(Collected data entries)
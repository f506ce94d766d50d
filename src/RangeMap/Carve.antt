-- ===== src/RangeMap/Carve.antt =====
-- `remove` of core/mmap/range_map.h, and the part of `insert` that does the same: the map is cut at
-- the two ends of the range, and the entries between go away.
use native.Mathlib.Omega.{arith}
use lfi_runtime.Prelude.{
  ℕ, ◌≤◌, ◌<◌, ◌≡◌, refl, sym, ap, ◌∙◌, true, false, ◌&&◌, Option, none, some, List, [], ◌∷◌,
  if◌then◌else◌, ltb, leb, Bool-cases, inl, inr,
}
use lfi_runtime.RangeMap.{
  Entry, entry, rev_append, put, overlap_begin, erase_loop, restore, carve, remove,
}
use lfi_runtime.RangeMap.View.{
  value_at, Ordered, Falling, Ordered-weaken, Falling-weaken, value_at-below, value_at-above,
  value_at-rev_append, rev_append-Ordered, Falling-StartBelow, put-rev_append, put_lem,
}
use lfi_runtime.RangeMap.Cut.{IsCut, HeadStop, overlap_begin-IsBegin}

module _ {V : Type 0} where
  abbrev pub with_stub : Option (Entry V) → List (Entry V) → List (Entry V)
  with_stub none m = m
  with_stub (some x) m = x ∷ m

  -- The loop stops at an entry at or above the end of the range.
  erase_done :
      (start stop q : ℕ) (ls rs : Option (Entry V)) (r : List (Entry V))
      → stop ≤ q
      → Ordered q r
      → erase_loop start stop ls rs r ≡ (ls, rs, r)
  unfolding erase_loop
  erase_done start stop q ls rs [] le h = refl
  erase_done start stop q ls rs (e ∷ r) le h = ground arith

  -- Only an entry that begins before the range leaves a left stub.
  erase_keeps :
      (start stop q : ℕ) (ls rs : Option (Entry V)) (r : List (Entry V))
      → start ≤ q
      → Ordered q r
      → (erase_loop start stop ls rs r).0 ≡ ls
  unfolding erase_loop
  erase_keeps start stop q ls rs [] le h = refl
  erase_keeps start stop q ls rs (e ∷ r) le h =
      let late : ltb e.start start ≡ false = ground arith in
      elim (Bool-cases (ltb e.start stop)) [
        | inl more ↦ rw (more, late) (erase_keeps start stop e.stop ls _ r (omega arith) h.2)
        | inr end ↦ rw end refl
      ]

  -- What is left behind the range: the map above its end.
  abbrev Above : ℕ → List (Entry V) → Option (Entry V) × Option (Entry V) × List (Entry V) → Type 0
  Above stop r t =
      Ordered stop (with_stub t.1 t.2)
      × ((k : ℕ) → stop ≤ k → value_at k (with_stub t.1 t.2) ≡ value_at k r)

  erase_loop-Above :
      (start stop p : ℕ) (ls : Option (Entry V)) (r : List (Entry V))
      → Ordered p r
      → Above stop r (erase_loop start stop ls none r)
  unfolding erase_loop
  erase_loop-Above start stop p ls [] h = (tt, λ k le. refl)
  erase_loop-Above start stop p ls (e ∷ r) h = elim (Bool-cases (ltb e.start stop)) [
    | inr end ↦ rw end ((ground arith, h.1, h.2), λ k le. refl)
    | inl more ↦ rw more (elim (Bool-cases (ltb stop e.stop)) [
      | inl over ↦
          let above : stop < e.stop = ground arith in
          rw
            (
              over,
              erase_done start stop e.stop _ (some (entry stop e.stop e.val)) r (omega arith) h.2,
            )
            ((omega arith, above, h.2), λ k le. ground arith)
      | inr inside ↦
          let rest =
            erase_loop-Above start stop e.stop
              (if ltb e.start start then some (entry e.start start e.val) else ls) r h.2 in
          rw inside (rest.0, λ k le. ground (arith, rest.1 k le))
    ])
  ]

  -- What is left before the range: the map below its start.
  left_part :
      (m : List (Entry V)) (start stop p : ℕ) (l r : List (Entry V))
      → start < stop
      → IsCut m (l, r) p
      → Falling start l
      → HeadStop (λ s. start < s) r
      → let ls = (erase_loop start stop none none r).0 in
        Falling start (with_stub ls l)
        × ((k : ℕ) → k < start → value_at k (with_stub ls l) ≡ value_at k m)
  unfolding erase_loop
  left_part m start stop p l [] pos c f h = (
    f,
    λ k lt. rw (sym c.whole) (
        ground (arith, value_at-rev_append k p l [] c.falling tt, value_at-above k p l, c.falling)),
  )
  left_part m start stop p l (e ∷ r) pos c f h = elim (Bool-cases (ltb e.start start)) [
    | inl early ↦
        let more : ltb e.start stop ≡ true = ground arith in
        let o = c.ordered in
        rw (more, early, erase_keeps start stop e.stop _ _ r (omega arith) o.2)
          (
            (omega arith, ground arith, Falling-weaken p e.start l o.0 c.falling),
            λ k lt. rw (sym c.whole) (
                ground (
                  arith,
                  value_at-rev_append k p l (e ∷ r) c.falling o,
                  value_at-above k p l,
                  value_at-below k e.stop r,
                  c.falling,
                )),
          )
    | inr late ↦
        let o = c.ordered in
        let none_left : (erase_loop start stop none none (e ∷ r)).0 ≡ none =
          erase_keeps start stop e.start none none (e ∷ r) (ground arith) (omega arith, o.1, o.2) in
        rw none_left (
          f,
          λ k lt. rw (sym c.whole) (
              ground (
                arith,
                value_at-rev_append k p l (e ∷ r) c.falling o,
                value_at-above k p l,
                value_at-below k e.start (e ∷ r),
                c.falling,
              )),
        )
  ]

  -- The stubs go back where they were cut off.
  restore_lem :
      (start stop : ℕ) (l r : List (Entry V)) (ls rs : Option (Entry V))
      → start < stop
      → Falling start (with_stub ls l)
      → Ordered stop (with_stub rs r)
      → restore l (ls, rs, r) ≡ rev_append (with_stub ls l) (with_stub rs r)
  unfolding restore rev_append
  restore_lem start stop l r none none pos f o = refl
  restore_lem start stop l r none (some y) pos f o =
      put-rev_append y l r
        (Falling-StartBelow y.start l (Falling-weaken start y.start l (omega arith) f))
      ∙ ap (rev_append l) (put_lem y r o.1 o.2)
  restore_lem start stop l r (some x) none pos f o =
      put-rev_append x l r (Falling-StartBelow x.start l f.2)
      ∙ ap (rev_append l) (put_lem x r f.1 (Ordered-weaken x.stop stop r (omega arith) o))
  restore_lem start stop l r (some x) (some y) pos f o =
      ap (put y) (
        put-rev_append x l r (Falling-StartBelow x.start l f.2)
        ∙ ap (rev_append l) (put_lem x r f.1 (Ordered-weaken x.stop y.stop r (omega arith) o.2)))
      ∙ put-rev_append y (x ∷ l) r (
          Falling-StartBelow y.start (x ∷ l) (Falling-weaken start y.start (x ∷ l) (omega arith) f))
      ∙ ap (rev_append (x ∷ l)) (put_lem y r o.1 o.2)

  -- The map with the range cut out, as an iterator that stands in the hole.
  pub record Carved (m : List (Entry V)) (start stop : ℕ) (m' : List (Entry V)) : Type 0 where
    pub left : List (Entry V)
    pub right : List (Entry V)
    pub whole : m' ≡ rev_append left right
    pub falling : Falling start left
    pub ordered : Ordered stop right
    pub below : (k : ℕ) → k < start → value_at k left ≡ value_at k m
    pub above : (k : ℕ) → stop ≤ k → value_at k right ≡ value_at k m

  -- Above the cut, and above the entries before it, the map is the part behind the cut.
  pub value_at-cut :
      (m : List (Entry V)) (k p start : ℕ) (l r : List (Entry V))
      → IsCut m (l, r) p
      → Falling start l
      → start ≤ k
      → value_at k m ≡ value_at k r
  value_at-cut m k p start l r c f le = rw (sym c.whole) (
      ground (
        arith,
        value_at-rev_append k p l r c.falling c.ordered,
        value_at-above k start l,
        value_at-below k p r,
        c.ordered,
        f,
      ))

  pub carve-Carved :
      (m : List (Entry V)) (start stop : ℕ)
      → start < stop
      → Ordered 0 m
      → Carved m start stop (carve start stop m)
  unfolding carve
  carve-Carved m start stop pos h =
      let b = overlap_begin-IsBegin m start h in
      let (l, r) = overlap_begin start m in
      let t = erase_loop start stop none none r in
      let lp = left_part m start stop b.point l r pos b.cut b.ended b.open_head in
      let rp = erase_loop-Above start stop b.point none r b.cut.ordered in
      record {
        left = with_stub t.0 l;
        right = with_stub t.1 t.2;
        whole = restore_lem start stop l t.2 t.0 t.1 pos lp.0 rp.0;
        falling = lp.0;
        ordered = rp.0;
        below = lp.1;
        above = λ k le.
            rp.1 k le ∙ sym (value_at-cut m k b.point start l r b.cut b.ended (omega arith));
      }

  Carved-Ordered :
      {m m' : List (Entry V)} {start stop : ℕ}
      → start < stop
      → Carved m start stop m'
      → Ordered 0 m'
  Carved-Ordered {start} {stop} pos c = rw c.whole (
      rev_append-Ordered start c.left c.right c.falling
        (Ordered-weaken start stop c.right (omega arith) c.ordered))

  -- In a carved map the keys of the range have no value, and every other key has its own.
  Carved-value_at :
      {m m' : List (Entry V)} {start stop : ℕ} (k : ℕ)
      → start < stop
      → Carved m start stop m'
      → value_at k m' ≡ (if leb start k && ltb k stop then none else value_at k m)
  Carved-value_at {start} {stop} k pos c = rw c.whole (
      ground (
        arith,
        value_at-rev_append k start c.left c.right c.falling
            (Ordered-weaken start stop c.right (omega arith) c.ordered),
        value_at-below k stop c.right,
        c.ordered,
        c.below k,
        c.above k,
      ))

  -- In a map whose entries rise and do not meet, `remove` takes away the values of the keys in the
  -- range and of no other key, and the entries of the result rise and do not meet.
  pub value_at-remove :
      (m : List (Entry V)) (start stop k : ℕ)
      → Ordered 0 m
      → Ordered 0 (remove start stop m)
        × (value_at k (remove start stop m)
            ≡ (if leb start k && ltb k stop then none else value_at k m))
  unfolding remove
  value_at-remove m start stop k h = elim (Bool-cases (leb stop start)) [
    | inl empty ↦ rw empty (h, ground arith)
    | inr full ↦
        let pos : start < stop = ground arith in
        let c = carve-Carved m start stop pos h in
        rw full (Carved-Ordered pos c, Carved-value_at k pos c)
  ]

■ What you are asked to do ■
Above are the entries. Output exactly the lines beginning with the line that has "Ordered stop (with_stub t.1 t.2)" and ending with the line that has "none r).0 in".

■ Output ■
      Ordered stop (with_stub t.1 t.2)
      × ((k : ℕ) → stop ≤ k → value_at k (with_stub t.1 t.2) ≡ value_at k r)

  erase_loop-Above :
      (start stop p : ℕ) (ls : Option (Entry V)) (r : List (Entry V))
      → Ordered p r
      → Above stop r (erase_loop start stop ls none r)
  unfolding erase_loop
  erase_loop-Above start stop p ls [] h = (tt, λ k le. refl)
  erase_loop-Above start stop p ls (e ∷ r) h = elim (Bool-cases (ltb e.start stop)) [
    | inr end ↦ rw end ((ground arith, h.1, h.2), λ k le. refl)
    | inl more ↦ rw more (elim (Bool-cases (ltb stop e.stop)) [
      | inl over ↦
          let above : stop < e.stop = ground arith in
          rw
            (
              over,
              erase_done start stop e.stop _ (some (entry stop e.stop e.val)) r (omega arith) h.2,
            )
            ((omega arith, above, h.2), λ k le. ground arith)
      | inr inside ↦
          let rest =
            erase_loop-Above start stop e.stop
              (if ltb e.start start then some (entry e.start start e.val) else ls) r h.2 in
          rw inside (rest.0, λ k le. ground (arith, rest.1 k le))
    ])
  ]

  -- What is left before the range: the map below its start.
  left_part :
      (m : List (Entry V)) (start stop p : ℕ) (l r : List (Entry V))
      → start < stop
      → IsCut m (l, r) p
      → Falling start l
      → HeadStop (λ s. start < s) r
      → let ls = (erase_loop start stop none none r).0 in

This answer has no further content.